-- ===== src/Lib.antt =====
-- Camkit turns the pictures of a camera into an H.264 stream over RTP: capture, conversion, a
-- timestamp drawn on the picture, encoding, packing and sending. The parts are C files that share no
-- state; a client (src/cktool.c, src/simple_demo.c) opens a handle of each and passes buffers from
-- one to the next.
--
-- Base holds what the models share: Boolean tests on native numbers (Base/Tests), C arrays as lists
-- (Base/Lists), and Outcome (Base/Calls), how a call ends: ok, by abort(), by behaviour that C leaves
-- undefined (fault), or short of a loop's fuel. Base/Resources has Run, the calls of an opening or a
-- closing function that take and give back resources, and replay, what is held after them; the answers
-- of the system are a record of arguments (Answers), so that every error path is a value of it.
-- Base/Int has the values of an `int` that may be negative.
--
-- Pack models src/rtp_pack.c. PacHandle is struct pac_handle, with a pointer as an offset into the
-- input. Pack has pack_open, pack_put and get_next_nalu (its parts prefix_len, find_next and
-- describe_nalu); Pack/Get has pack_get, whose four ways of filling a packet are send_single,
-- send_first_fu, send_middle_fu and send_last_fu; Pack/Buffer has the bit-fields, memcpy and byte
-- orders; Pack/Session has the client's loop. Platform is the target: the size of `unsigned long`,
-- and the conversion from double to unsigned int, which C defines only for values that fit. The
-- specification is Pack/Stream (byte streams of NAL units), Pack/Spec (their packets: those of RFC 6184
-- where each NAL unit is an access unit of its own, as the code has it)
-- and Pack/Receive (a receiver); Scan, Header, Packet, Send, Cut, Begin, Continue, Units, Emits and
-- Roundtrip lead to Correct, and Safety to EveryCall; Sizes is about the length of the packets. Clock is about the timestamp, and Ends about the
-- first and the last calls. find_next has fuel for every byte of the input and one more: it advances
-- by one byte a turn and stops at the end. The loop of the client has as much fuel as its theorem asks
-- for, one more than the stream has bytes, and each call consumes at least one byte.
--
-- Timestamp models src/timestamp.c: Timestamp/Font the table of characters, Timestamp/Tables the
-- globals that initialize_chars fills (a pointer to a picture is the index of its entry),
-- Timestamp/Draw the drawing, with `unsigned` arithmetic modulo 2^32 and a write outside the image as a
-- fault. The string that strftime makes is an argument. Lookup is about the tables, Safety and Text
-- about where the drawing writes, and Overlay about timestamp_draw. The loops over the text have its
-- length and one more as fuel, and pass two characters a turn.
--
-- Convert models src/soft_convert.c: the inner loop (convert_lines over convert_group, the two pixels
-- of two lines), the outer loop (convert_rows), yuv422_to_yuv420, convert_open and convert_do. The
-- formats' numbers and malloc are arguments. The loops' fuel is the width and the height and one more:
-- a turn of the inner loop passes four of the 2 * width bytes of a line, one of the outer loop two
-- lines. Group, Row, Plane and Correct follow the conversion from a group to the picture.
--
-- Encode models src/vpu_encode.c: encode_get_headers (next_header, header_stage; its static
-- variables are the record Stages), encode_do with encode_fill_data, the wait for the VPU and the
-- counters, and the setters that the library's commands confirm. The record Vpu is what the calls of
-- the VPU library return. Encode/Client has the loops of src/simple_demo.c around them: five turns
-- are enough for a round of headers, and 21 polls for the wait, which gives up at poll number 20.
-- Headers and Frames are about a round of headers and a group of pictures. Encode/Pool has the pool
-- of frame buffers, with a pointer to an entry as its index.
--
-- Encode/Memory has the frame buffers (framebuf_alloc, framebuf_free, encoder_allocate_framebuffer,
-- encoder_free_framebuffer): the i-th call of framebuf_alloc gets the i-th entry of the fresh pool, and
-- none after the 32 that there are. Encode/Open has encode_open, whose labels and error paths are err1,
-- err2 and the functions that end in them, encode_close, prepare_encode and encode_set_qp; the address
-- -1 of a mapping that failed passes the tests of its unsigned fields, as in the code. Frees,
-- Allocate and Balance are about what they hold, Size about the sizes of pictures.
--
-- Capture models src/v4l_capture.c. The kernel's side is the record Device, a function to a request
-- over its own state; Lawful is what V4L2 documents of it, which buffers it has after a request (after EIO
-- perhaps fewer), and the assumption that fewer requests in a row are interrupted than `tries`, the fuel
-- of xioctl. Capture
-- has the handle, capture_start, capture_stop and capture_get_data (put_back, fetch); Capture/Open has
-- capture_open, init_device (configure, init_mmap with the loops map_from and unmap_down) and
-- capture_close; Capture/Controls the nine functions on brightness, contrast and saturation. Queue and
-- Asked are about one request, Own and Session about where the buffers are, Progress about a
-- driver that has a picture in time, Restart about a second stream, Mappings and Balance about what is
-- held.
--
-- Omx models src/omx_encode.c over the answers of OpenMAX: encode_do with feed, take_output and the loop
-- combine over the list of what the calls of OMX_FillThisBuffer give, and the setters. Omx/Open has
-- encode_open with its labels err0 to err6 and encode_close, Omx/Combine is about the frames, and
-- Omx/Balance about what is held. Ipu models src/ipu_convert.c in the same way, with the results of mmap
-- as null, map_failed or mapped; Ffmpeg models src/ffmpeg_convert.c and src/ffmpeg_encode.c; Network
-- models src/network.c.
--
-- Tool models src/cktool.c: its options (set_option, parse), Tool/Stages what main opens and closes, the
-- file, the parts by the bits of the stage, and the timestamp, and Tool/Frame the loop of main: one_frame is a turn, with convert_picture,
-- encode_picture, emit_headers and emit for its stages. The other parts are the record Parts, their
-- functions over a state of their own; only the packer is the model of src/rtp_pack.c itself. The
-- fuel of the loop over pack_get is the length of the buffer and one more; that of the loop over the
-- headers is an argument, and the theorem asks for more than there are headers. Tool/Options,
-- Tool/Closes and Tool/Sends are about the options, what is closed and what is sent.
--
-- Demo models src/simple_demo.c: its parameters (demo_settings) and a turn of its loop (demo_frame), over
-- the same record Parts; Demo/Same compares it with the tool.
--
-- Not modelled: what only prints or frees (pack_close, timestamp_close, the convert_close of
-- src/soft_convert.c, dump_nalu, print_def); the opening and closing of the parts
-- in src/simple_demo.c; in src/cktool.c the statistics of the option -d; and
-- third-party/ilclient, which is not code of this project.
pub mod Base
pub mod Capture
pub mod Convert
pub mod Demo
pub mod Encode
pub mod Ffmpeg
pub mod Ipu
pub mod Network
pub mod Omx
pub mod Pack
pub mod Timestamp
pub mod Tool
==============================
Assigned task: Extract each line holding the word "opening" from the records.

Task answer:
-- undefined (fault), or short of a loop's fuel. Base/Resources has Run, the calls of an opening or a
-- src/soft_convert.c, dump_nalu, print_def); the opening and closing of the parts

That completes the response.